I guess you could simplify it even further and say if you only eat veggies, you’re a vegetarian. But what about those kids that only eat French fries or what if you only eat ramen noodles and pop-tarts? What are you then? No. Don’t answer that.

I know, I know. The reference here is that if you eat healthier, you live healthier. Live by junk food, die by junk food. Something like that. But honestly though, it’s not an all-inclusive statement… unlike that resort I kinda sorta remember in the Caribbean (hey, they had excellent margaritas!)

Then again, people often misunderstand old sayings. Maybe you’re familiar with the phrase “nip it in the bud.” Referring to rooting-out a problem before it starts. I’ve heard people say “nip it in the butt” more frequently than you’d think possible. Yeah, I don’t know, people are odd.

It goes with song lyrics too. Have you ever wondered why Jimmy Hendrix said, “excuse me while I kiss this guy” in Purple Haze? If you’re at all familiar with the song, I’d hope you’ve learned the actual lyric is “excuse me while I kiss the sky.” This was one of the highest voted misheard song lyrics of all time. No, really, it was. Along with “Dirty deeds done dirt cheap” by AC/DC, poorly translated to “dirty deeds done to sheep.” Which makes one wonder, if that’s what you really thought it was, what the hell are you doing with your life? I mean, come on people.
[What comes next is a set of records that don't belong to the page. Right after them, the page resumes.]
-- ===== src/Services/Isolation.antt =====
-- Tenants do not meet: what a deploy of one tenant leaves of the rows of the others.
use agentic_paasd.Prelude.{ℕ, ◌≡◌, refl, ◌∙◌, not, List, [], ◌∷◌, Text, arith, keep, update}
use agentic_paasd.Store.{Db, Service}
use agentic_paasd.Runtime.{
  Env, World, sql, query, time_now, docker, docker_, docker_text, disk_check,
}
use agentic_paasd.Runtime.Keeps.{IsPreorder, Keeps}
use agentic_paasd.Services.Rows.{owns, of_tenant, update_services}
use agentic_paasd.Services.Deploy.{deploy_held, deploy_image_held}
use agentic_paasd.Services.Frame.{Frame, KeepsKey, Keeps-deploy_held, Keeps-deploy_image_held}

-- The rows of all other tenants.
abbrev pub foreign : Text → List Service → List Service
foreign tenant = keep (λ s. not (of_tenant tenant s))

abbrev pub Apart : Text → World → World → Type 0
Apart tenant w w' = foreign tenant w'.db.services ≡ foreign tenant w.db.services

foreign-update :
    (tenant id : Text) (f : Service → Service) (rows : List Service)
    → KeepsKey f
    → foreign tenant (update (owns tenant id) f rows) ≡ foreign tenant rows
unfolding keep update
foreign-update tenant id f [] k = refl
foreign-update tenant id f (s ∷ rows) k =
    ground (arith, k.same_tenant s, foreign-update tenant id f rows k)

-- The other goroutines may do what they like, but not to the other tenants' rows.
module _ (env : Env) (tenant : Text)
    (rely : (n : ℕ) (db : Db)
      → foreign tenant (env.others n db).services ≡ foreign tenant db.services) where
  Apart-IsPreorder : IsPreorder (Apart tenant)
  Apart-IsPreorder = record { stay = λ w. refl; step = λ u v w p q. q ∙ p }

  Apart-query : {A : Type 0} (f : Db → A) → Keeps (Apart tenant) (query env f)
  unfolding query sql
  Apart-query f = record { at = λ w. ground arith }

  Apart-update :
      (id : Text) (f : Service → Service)
      → KeepsKey f
      → Keeps (Apart tenant) (update_services env (owns tenant id) f)
  unfolding update_services sql
  Apart-update id f k = record {
    at = λ w. ground (arith, foreign-update tenant id f w.db.services k);
  }

  Apart-Frame : (id : Text) → Frame env tenant id (Apart tenant)
  unfolding docker docker_ docker_text disk_check time_now
  Apart-Frame id = record {
    order = Apart-IsPreorder;
    reads = Apart-query;
    writes = Apart-update id;
    clock = record { at = λ w. refl };
    disk = record { at = λ w. refl };
    call = λ c. record { at = λ w. rely w.tick w.db };
    call_ = λ c. record { at = λ w. rely w.tick w.db };
    call_text = λ c. record { at = λ w. rely w.tick w.db };
  }

  -- Deploy, from the load of the service on, leaves the rows of every other tenant in the services
  -- table as they were, in number, order and content, whether it succeeds or fails at any step, as
  -- long as no other goroutine changes them in the meantime.
  pub deploy_held_apart :
      (id : Text) (w : World)
      → foreign tenant (deploy_held env tenant id w).1.db.services ≡ foreign tenant w.db.services
  deploy_held_apart id w = (Keeps-deploy_held (Apart-Frame id)).at w

  -- The same of the deploy of a built image.
  pub deploy_image_held_apart :
      (id image : Text) (w : World)
      → foreign tenant (deploy_image_held env tenant id image w).1.db.services
        ≡ foreign tenant w.db.services
  deploy_image_held_apart id image w = (Keeps-deploy_image_held (Apart-Frame id) image).at w
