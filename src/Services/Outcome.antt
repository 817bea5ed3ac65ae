-- ===== src/Services/Outcome.antt =====
-- How a deploy ends: a container that was started is tracked or removed, and an open circuit or a
-- full queue stops everything before Docker is asked.
use agentic_paasd.Prelude.{
  ℕ, zero, suc, ◌≡◌, refl, ◌⊎◌, inl, inr, true, false, some, ◌∷◌, Text, arith, find, find_of_count,
  find-update, count, Bool-cases,
}
use agentic_paasd.Store.{Db, Service, Status, Reason}
use agentic_paasd.Runtime.{Env, World, Call, Error, ok, err, is_ok, sql, query, time_now, docker_}
use agentic_paasd.Services.Rows.{
  owns, update_services, check_tenant_active, get_owned, update_status_with_error,
  update_status_with_error_scoped,
}
use agentic_paasd.Services.Launch.{set_launched, record_launch}
use agentic_paasd.Services.Deploy.{fail_with, in_queue, with_slot, deploy_held, deploy}

-- The service's row names the container, as running and without an error.
abbrev pub Tracked : Text → Text → Text → World → Type 0
Tracked tenant id container w =
    (s : Service) × (find (owns tenant id) w.db.services ≡ some s)
    × (s.container_id ≡ container)
    × (s.status ≡ Status.running)
    × (s.last_error ≡ Reason.no_error)

settled_cases :
    (env : Env) (tenant id container : Text) (w : World) (rows : ℕ)
    → count (owns tenant id) w.db.services ≡ rows
    → env.db_ok (suc w.tick) ≡ true
    → ((record_launch env tenant id container w).0 ≡ ok tt)
        × ((record_launch env tenant id container w).1.calls ≡ w.calls)
        × Tracked tenant id container (record_launch env tenant id container w).1
      ⊎ ((record_launch env tenant id container w).0 ≡ err Error.service_deleted)
        × ((record_launch env tenant id container w).1.calls
            ≡ Call.remove_container container ∷ Call.stop_container container ∷ w.calls)
unfolding record_launch update_services sql time_now docker_
settled_cases env tenant id container w zero h e = inr (ground arith)
settled_cases env tenant id container w (suc n) h e =
    let (s, found) = find_of_count (owns tenant id) w.db.services {n = n} h in
    inl (
      ground arith,
      ground arith,
      (
        set_launched container (env.now w.tick) s,
        rw (e, h)
            (find-update (owns tenant id) (set_launched container (env.now w.tick)) w.db.services
              (λ a k. k) found),
        refl,
        refl,
        refl,
      ),
    )

-- Once a container runs, a deploy either succeeds, with the service's row naming the container as
-- running and without an error and with no further Docker call, or it fails, and its last two
-- Docker calls ask to stop and to remove that container. It does so for every outcome of the
-- update: written, refused, or without a row to write.
pub record_launch_tracks :
    (env : Env) (tenant id container : Text) (w : World)
    → ((record_launch env tenant id container w).0 ≡ ok tt)
        × ((record_launch env tenant id container w).1.calls ≡ w.calls)
        × Tracked tenant id container (record_launch env tenant id container w).1
      ⊎ (is_ok (record_launch env tenant id container w).0 ≡ false)
        × ((record_launch env tenant id container w).1.calls
            ≡ Call.remove_container container ∷ Call.stop_container container ∷ w.calls)
record_launch_tracks env tenant id container w = elim (Bool-cases (env.db_ok (suc w.tick))) [
  | inr e ↦ inr (unfold record_launch update_services sql time_now docker_ in ground arith)
  | inl e ↦ elim (settled_cases env tenant id container w _ refl e) [
    | inl kept ↦ inl kept
    | inr (failed, calls) ↦ inr (rw failed, calls)
  ]
]

-- A deploy that comes to a service whose circuit is open fails and makes no Docker call.
held_open :
    (env : Env) (tenant id : Text) (w : World) (s : Service)
    → find (owns tenant id) w.db.services ≡ some s
    → s.circuit_open ≡ true
    → ((deploy_held env tenant id w).1.calls ≡ w.calls)
      × (is_ok (deploy_held env tenant id w).0 ≡ false)
unfolding deploy_held get_owned query sql fail_with update_status_with_error_scoped update_services
    time_now
held_open env tenant id w s found o = ground arith

-- As long as the service's row has an open circuit, Deploy fails without a single Docker call,
-- whatever the database, the queue and the other goroutines do.
pub deploy_open_circuit :
    (env : Env) (tenant id : Text) (w : World) (s : Service)
    → find (owns tenant id) w.db.services ≡ some s
    → s.circuit_open ≡ true
    → ((n : ℕ) (db : Db)
        → find (owns tenant id) (env.others n db).services ≡ find (owns tenant id) db.services)
    → ((deploy env tenant id w).1.calls ≡ w.calls) × (is_ok (deploy env tenant id w).0 ≡ false)
unfolding deploy check_tenant_active query sql fail_with update_status_with_error_scoped
    update_services time_now update_status_with_error in_queue with_slot
deploy_open_circuit env tenant id w s found o rely = ground (
  arith,
  held_open env tenant id
      (record w {
        queue = suc w.queue;
        slots = suc w.slots;
        db = env.others (suc w.tick) w.db;
        tick = suc (suc w.tick);
      })
      s,
  rely (suc w.tick) w.db,
)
Okay, so I digress… I want to get back to the quote in question.

“You are the books you read, the movies you watch, the music you listen to, the people you spend time with, the conversations you engage in. Choose wisely what you feed your mind.”

Let’s take this in order, shall we?

I love horror movies and Stephen King books. So, does that paint me as a secretive sadistic serial killer in clown make-up? Or am I the paranormal investigator seeking the truth of an otherworldly existence? Or maybe a member of a cult just waiting to run off and join a bunch of fanatic – if not homicidal – youths in a corn field somewhere, waiting for the perfect human sacrificial lambs to wander by with car trouble so that we can offer them up to our demonic deity for a bountiful harvest. (Children of the Corn if you miss the reference – the original, thank you very much.  But alas, I am too old now to join their little hellfire club. I would instead be the Linda Hamilton character in this movie… which is cool, if you ask me. Not the whole almost being sacrificed to a demon in a cornfield thing, but just being Linda Hamilton.)

Don’t even get me started on music. I’ve had the Ipana Toothpaste song stuck in my head for days. Days! And, it’s not the first time.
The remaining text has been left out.